> _RECORDS PROVIDED_:
☆ ☆ ☆ ☆ ☆

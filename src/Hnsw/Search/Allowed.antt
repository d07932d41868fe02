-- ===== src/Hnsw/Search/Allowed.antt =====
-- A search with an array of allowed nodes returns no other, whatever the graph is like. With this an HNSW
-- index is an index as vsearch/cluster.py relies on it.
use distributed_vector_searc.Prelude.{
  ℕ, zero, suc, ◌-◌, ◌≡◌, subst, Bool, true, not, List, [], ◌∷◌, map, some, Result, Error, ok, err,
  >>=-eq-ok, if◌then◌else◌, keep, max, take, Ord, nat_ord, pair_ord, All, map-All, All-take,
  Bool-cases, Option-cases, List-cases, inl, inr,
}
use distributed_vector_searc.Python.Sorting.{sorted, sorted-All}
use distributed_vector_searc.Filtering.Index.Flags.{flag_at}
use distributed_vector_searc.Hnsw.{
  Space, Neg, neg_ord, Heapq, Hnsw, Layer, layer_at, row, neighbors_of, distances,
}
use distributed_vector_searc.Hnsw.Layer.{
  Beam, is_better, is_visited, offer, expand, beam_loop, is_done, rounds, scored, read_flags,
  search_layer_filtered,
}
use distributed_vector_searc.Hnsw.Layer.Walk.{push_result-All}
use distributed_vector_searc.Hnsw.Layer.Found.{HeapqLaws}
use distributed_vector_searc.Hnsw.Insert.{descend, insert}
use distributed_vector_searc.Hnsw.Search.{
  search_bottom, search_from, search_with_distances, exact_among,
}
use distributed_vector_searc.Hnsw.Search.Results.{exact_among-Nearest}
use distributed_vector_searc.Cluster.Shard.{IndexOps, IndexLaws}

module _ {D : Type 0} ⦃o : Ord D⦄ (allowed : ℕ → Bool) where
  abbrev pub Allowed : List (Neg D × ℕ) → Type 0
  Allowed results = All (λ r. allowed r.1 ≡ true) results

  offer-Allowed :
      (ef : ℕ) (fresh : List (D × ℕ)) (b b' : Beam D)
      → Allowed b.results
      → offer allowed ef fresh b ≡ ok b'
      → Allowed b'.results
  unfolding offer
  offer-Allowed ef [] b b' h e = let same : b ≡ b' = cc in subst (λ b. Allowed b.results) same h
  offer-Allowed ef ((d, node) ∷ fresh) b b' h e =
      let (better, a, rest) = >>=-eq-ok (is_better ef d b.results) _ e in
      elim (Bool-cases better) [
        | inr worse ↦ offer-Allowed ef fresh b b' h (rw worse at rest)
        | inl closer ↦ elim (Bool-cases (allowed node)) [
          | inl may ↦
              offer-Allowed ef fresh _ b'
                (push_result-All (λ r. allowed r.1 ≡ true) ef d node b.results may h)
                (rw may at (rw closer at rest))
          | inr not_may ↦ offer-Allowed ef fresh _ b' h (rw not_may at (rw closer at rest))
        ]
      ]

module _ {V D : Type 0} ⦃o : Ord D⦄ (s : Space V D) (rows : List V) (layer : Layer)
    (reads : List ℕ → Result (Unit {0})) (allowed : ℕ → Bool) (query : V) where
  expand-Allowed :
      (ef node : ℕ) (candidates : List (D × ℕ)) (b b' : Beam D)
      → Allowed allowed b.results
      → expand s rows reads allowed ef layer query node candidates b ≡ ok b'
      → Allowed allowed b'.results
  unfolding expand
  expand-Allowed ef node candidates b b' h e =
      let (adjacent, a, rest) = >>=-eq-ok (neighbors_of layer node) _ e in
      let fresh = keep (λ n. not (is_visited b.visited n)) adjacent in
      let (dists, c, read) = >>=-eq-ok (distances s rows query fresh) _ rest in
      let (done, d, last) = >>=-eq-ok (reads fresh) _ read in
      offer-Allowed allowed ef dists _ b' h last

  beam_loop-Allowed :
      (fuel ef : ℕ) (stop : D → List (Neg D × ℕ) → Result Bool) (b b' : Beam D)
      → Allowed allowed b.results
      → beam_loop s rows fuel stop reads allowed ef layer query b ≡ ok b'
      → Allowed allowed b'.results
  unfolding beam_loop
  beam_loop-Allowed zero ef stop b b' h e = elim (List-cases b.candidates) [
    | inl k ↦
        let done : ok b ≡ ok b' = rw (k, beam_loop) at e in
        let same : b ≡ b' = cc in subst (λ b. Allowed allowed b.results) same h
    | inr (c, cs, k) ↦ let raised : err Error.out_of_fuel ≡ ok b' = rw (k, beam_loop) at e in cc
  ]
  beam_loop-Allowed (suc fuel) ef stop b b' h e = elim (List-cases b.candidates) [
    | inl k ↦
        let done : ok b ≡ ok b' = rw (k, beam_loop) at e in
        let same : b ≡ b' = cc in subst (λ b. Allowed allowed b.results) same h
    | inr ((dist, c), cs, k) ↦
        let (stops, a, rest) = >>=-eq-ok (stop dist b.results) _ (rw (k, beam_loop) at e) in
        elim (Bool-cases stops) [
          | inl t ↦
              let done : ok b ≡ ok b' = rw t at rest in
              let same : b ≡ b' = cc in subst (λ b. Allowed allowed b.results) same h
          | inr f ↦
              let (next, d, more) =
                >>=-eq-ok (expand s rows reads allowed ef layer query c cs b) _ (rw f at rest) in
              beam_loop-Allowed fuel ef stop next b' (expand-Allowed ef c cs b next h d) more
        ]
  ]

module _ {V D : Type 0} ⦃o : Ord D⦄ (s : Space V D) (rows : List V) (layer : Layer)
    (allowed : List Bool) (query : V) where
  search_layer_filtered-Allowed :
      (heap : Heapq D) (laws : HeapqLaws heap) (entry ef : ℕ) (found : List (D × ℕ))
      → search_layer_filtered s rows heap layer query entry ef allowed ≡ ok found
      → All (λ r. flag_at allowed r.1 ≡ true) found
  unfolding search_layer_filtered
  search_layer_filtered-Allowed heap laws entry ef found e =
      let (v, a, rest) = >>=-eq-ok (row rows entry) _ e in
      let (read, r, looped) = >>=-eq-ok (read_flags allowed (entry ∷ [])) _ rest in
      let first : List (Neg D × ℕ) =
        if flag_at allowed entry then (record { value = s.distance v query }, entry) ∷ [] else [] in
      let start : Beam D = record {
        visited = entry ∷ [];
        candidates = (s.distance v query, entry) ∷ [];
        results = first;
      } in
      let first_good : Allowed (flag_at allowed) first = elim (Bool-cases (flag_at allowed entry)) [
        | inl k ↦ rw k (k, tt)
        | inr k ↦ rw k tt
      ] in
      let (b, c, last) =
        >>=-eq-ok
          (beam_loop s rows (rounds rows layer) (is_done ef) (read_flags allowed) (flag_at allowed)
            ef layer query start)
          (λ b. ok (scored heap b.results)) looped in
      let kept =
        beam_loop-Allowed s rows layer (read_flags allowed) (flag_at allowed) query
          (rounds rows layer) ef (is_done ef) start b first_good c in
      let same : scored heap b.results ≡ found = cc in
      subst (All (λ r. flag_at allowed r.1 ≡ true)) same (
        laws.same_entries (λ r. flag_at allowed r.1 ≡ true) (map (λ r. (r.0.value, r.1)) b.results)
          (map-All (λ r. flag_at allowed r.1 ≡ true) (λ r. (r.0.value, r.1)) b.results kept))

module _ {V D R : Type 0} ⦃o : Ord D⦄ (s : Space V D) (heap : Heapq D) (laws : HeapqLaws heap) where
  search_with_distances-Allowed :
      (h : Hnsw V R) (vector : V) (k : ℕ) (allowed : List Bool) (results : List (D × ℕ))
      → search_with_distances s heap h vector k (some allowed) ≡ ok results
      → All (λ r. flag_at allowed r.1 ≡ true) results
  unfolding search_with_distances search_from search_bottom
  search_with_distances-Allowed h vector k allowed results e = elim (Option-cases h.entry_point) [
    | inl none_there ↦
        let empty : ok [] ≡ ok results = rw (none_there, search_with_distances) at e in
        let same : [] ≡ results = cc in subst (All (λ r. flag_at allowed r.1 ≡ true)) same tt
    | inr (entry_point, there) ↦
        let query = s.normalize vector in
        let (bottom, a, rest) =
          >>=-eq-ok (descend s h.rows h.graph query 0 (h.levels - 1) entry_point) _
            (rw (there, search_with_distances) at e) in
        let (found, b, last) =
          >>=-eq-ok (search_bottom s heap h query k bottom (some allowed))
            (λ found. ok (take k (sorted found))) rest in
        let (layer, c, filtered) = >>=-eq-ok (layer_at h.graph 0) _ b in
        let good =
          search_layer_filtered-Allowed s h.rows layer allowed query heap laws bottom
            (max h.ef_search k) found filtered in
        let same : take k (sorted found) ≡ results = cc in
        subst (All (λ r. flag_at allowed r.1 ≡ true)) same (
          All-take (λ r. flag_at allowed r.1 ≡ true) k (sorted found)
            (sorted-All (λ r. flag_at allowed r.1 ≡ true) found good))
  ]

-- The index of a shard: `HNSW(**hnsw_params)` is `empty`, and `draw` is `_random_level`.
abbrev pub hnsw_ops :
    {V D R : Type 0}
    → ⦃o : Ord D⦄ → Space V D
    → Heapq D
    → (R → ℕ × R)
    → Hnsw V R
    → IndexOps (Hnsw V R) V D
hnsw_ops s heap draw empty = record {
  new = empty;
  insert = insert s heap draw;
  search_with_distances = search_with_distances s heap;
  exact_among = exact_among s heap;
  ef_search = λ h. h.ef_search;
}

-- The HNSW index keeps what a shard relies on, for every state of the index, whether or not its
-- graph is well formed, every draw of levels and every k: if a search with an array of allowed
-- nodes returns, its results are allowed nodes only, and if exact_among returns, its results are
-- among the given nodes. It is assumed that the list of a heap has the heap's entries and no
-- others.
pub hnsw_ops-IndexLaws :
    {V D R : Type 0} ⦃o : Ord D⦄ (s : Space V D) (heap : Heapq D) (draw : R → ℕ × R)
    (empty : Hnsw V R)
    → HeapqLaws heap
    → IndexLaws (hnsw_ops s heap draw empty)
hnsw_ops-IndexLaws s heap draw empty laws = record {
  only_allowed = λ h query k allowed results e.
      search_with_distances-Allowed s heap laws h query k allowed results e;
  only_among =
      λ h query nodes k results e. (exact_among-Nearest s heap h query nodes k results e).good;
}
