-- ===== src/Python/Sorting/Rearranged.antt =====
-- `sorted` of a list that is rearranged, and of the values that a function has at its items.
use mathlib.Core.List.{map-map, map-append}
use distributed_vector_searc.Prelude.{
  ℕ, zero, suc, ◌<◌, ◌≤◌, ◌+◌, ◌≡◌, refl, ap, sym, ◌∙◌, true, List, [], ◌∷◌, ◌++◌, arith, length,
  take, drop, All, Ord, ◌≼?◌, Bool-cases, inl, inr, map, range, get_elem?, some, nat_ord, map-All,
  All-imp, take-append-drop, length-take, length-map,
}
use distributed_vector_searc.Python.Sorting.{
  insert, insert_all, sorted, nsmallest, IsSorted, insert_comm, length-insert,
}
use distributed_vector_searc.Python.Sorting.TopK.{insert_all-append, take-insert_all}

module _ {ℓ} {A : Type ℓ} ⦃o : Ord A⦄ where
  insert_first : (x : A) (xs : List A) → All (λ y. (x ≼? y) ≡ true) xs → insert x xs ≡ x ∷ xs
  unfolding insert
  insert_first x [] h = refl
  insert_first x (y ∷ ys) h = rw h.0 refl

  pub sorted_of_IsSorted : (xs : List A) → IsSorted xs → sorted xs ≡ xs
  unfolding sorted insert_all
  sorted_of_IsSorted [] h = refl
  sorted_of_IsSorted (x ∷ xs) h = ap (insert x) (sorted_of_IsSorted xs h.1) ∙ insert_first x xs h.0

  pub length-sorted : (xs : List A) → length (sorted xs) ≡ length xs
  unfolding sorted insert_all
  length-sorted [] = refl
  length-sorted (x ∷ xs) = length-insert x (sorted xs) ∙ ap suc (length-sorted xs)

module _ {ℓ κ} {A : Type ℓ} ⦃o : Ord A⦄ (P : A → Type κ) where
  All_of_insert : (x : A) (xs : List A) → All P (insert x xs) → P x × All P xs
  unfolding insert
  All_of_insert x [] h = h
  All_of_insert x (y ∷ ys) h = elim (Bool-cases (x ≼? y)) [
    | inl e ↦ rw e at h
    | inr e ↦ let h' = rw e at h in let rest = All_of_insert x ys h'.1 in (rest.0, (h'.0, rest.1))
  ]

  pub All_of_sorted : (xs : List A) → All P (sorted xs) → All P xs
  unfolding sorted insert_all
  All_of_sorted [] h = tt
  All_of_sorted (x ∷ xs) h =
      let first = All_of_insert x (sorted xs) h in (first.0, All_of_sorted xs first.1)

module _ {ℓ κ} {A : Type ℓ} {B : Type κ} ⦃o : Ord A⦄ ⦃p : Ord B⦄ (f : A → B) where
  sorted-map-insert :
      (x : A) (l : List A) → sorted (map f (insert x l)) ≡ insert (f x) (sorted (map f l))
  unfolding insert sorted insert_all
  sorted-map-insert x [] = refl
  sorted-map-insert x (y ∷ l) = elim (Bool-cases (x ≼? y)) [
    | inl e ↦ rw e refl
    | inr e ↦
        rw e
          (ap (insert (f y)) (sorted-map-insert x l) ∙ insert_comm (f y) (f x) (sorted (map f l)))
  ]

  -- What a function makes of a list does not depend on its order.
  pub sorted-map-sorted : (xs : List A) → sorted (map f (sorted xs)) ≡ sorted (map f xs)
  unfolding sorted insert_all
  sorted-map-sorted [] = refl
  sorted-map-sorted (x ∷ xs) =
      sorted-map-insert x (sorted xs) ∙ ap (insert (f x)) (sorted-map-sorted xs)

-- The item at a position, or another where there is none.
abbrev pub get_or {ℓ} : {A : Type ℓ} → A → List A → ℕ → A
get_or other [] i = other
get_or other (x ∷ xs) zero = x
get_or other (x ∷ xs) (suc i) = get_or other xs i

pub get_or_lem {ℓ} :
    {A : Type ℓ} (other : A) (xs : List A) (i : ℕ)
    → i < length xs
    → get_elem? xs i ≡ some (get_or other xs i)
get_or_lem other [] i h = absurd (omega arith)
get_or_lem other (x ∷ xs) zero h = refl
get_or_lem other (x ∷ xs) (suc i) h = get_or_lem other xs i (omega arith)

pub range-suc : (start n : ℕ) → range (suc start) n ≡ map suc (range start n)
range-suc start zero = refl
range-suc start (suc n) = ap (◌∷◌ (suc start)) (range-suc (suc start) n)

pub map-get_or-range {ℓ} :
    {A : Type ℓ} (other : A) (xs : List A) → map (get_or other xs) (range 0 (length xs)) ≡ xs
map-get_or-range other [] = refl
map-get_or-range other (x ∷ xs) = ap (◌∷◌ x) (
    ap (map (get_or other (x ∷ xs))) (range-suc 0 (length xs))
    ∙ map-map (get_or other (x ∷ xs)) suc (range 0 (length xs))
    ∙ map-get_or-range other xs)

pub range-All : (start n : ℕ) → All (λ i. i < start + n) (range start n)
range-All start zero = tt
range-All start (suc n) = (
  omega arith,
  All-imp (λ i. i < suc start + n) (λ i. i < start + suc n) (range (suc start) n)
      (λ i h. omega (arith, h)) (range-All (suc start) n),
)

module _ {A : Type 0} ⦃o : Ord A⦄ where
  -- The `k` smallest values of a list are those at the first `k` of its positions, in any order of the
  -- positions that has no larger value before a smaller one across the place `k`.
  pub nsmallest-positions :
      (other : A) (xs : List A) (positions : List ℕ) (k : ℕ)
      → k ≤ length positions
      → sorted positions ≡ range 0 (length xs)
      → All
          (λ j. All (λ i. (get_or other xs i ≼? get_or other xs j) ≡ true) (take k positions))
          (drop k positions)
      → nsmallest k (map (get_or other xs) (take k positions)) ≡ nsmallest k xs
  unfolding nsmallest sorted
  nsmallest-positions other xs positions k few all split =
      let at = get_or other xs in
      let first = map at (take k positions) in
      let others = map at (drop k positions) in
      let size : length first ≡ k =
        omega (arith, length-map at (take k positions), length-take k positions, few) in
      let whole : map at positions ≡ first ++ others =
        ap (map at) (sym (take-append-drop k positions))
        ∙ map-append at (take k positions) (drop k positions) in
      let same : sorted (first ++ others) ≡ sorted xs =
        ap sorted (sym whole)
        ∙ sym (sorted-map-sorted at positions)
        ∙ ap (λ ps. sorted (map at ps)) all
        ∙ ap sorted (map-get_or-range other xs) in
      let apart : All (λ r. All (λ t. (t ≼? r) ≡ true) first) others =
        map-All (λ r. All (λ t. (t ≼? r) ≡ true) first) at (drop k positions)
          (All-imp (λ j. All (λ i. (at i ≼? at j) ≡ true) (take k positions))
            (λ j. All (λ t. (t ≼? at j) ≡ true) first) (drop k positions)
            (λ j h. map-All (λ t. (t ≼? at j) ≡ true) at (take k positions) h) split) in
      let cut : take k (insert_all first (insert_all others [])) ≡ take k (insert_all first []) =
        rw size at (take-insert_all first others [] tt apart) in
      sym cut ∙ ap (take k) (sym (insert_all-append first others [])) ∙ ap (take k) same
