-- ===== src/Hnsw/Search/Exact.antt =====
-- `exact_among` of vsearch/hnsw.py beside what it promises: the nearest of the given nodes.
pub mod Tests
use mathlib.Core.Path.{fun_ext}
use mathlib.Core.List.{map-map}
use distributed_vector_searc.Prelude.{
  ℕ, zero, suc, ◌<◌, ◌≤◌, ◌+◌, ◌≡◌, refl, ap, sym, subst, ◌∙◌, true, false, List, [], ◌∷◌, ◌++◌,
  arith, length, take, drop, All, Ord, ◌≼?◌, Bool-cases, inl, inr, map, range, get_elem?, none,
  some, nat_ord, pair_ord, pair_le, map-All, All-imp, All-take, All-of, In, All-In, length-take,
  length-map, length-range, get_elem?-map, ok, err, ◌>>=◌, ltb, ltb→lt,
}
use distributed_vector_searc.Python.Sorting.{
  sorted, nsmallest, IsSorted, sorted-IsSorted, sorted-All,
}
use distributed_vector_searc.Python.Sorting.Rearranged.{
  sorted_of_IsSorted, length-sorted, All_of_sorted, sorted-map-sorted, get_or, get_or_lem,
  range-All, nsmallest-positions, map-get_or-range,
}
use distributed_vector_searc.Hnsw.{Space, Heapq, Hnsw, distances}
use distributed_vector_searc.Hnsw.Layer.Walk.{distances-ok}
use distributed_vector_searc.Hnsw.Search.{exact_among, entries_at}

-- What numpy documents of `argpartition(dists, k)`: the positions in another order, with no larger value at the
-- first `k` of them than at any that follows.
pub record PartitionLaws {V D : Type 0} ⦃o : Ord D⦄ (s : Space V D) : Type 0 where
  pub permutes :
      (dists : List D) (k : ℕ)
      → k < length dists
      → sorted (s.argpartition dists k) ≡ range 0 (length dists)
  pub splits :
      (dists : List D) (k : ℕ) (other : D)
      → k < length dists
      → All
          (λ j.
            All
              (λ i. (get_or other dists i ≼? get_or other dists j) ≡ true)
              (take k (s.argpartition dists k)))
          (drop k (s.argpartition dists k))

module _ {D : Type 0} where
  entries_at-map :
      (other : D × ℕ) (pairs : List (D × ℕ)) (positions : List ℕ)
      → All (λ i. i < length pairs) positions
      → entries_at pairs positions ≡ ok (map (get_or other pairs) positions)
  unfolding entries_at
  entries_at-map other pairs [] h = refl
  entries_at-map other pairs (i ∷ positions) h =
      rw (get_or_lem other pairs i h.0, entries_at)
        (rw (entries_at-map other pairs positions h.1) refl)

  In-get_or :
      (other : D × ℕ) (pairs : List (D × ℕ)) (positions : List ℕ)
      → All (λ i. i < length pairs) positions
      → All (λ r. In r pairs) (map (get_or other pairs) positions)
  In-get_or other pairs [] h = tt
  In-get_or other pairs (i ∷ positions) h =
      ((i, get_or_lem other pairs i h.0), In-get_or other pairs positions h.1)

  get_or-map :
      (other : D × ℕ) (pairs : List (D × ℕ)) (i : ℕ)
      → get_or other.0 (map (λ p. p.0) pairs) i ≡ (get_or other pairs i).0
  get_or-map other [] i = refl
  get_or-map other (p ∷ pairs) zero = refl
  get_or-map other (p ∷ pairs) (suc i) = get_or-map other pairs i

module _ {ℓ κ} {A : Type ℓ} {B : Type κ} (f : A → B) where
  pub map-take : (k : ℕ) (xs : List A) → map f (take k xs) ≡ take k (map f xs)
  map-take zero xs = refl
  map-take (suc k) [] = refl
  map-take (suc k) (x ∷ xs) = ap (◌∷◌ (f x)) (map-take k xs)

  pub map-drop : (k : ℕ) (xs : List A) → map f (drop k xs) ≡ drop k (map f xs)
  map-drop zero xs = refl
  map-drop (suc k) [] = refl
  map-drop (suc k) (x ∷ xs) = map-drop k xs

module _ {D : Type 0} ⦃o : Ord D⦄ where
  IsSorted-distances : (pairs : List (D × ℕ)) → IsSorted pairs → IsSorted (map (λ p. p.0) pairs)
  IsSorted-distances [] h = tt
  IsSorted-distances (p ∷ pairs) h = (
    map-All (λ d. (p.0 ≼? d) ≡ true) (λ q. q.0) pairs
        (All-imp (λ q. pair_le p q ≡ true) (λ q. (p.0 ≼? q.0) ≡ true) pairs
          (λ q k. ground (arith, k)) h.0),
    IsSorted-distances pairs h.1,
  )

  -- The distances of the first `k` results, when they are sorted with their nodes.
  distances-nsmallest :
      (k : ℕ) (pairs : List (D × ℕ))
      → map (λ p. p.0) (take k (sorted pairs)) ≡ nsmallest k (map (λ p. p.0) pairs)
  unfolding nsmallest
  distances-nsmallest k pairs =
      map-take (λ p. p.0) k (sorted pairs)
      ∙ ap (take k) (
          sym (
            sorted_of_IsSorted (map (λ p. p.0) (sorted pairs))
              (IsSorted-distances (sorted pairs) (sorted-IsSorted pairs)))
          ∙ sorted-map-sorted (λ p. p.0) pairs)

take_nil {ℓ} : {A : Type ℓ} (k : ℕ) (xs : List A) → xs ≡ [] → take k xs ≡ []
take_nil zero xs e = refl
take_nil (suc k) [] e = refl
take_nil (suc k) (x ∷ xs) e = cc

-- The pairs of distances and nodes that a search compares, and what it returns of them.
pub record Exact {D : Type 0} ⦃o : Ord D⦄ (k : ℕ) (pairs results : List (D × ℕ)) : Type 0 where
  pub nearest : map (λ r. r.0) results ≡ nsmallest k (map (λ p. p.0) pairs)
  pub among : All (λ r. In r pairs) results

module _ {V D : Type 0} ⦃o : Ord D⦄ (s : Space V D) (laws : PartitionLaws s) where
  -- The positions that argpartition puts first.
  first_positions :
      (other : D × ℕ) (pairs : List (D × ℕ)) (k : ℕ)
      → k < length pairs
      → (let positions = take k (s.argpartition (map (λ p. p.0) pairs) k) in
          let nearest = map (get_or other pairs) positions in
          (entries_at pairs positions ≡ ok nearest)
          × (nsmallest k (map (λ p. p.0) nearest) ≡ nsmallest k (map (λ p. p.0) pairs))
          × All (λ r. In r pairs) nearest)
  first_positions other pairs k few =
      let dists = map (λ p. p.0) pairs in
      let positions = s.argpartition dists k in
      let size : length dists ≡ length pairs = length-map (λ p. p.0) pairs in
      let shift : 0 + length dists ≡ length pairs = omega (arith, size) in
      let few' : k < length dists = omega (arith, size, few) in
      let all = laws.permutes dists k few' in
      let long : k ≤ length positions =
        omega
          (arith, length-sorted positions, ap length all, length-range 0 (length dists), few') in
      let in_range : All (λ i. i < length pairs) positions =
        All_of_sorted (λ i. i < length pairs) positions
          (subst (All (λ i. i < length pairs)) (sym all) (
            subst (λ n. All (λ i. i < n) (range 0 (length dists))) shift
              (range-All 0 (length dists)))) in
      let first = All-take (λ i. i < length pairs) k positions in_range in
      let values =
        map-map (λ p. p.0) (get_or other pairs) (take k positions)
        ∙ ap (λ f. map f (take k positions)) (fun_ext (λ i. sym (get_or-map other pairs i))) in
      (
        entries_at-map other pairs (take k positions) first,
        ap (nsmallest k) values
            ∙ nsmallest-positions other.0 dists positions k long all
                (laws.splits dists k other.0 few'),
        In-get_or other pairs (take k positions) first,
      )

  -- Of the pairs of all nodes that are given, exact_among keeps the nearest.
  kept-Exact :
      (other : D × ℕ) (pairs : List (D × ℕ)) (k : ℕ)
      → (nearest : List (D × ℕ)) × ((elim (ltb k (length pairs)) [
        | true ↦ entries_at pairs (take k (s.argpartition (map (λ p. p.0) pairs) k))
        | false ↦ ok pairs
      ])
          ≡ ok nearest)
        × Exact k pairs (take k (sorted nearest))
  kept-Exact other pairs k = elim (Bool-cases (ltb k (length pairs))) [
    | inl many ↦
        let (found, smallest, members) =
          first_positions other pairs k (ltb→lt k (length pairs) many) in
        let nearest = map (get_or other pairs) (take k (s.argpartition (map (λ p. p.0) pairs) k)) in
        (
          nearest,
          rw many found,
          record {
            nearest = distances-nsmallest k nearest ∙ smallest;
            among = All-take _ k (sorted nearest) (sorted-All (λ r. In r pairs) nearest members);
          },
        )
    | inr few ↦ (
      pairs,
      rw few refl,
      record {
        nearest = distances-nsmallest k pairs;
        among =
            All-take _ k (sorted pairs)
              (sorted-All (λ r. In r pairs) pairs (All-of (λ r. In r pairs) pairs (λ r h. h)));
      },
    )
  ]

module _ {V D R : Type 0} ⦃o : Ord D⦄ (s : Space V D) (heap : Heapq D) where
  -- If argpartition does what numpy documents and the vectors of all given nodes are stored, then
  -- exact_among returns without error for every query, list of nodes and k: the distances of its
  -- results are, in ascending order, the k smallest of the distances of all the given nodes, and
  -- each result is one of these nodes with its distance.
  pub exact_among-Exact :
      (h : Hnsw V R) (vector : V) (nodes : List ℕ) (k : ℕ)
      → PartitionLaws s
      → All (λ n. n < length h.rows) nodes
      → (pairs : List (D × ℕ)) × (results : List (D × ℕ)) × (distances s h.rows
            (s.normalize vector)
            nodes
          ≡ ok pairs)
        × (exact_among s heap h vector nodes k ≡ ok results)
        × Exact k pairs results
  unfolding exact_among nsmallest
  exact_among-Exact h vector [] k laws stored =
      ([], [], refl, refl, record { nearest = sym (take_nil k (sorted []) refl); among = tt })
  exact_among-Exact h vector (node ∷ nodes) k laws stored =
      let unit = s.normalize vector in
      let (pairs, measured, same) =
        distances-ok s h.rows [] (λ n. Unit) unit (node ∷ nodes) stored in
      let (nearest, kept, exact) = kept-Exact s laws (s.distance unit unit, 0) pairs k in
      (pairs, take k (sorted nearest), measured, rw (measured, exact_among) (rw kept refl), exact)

☆ ☆ ☆ ☆ ☆

Whenever a line in the material above holds the string "numpy", copy that line in full.

-- What numpy documents of `argpartition(dists, k)`: the positions in another order, with no larger value at the
  -- If argpartition does what numpy documents and the vectors of all given nodes are stored, then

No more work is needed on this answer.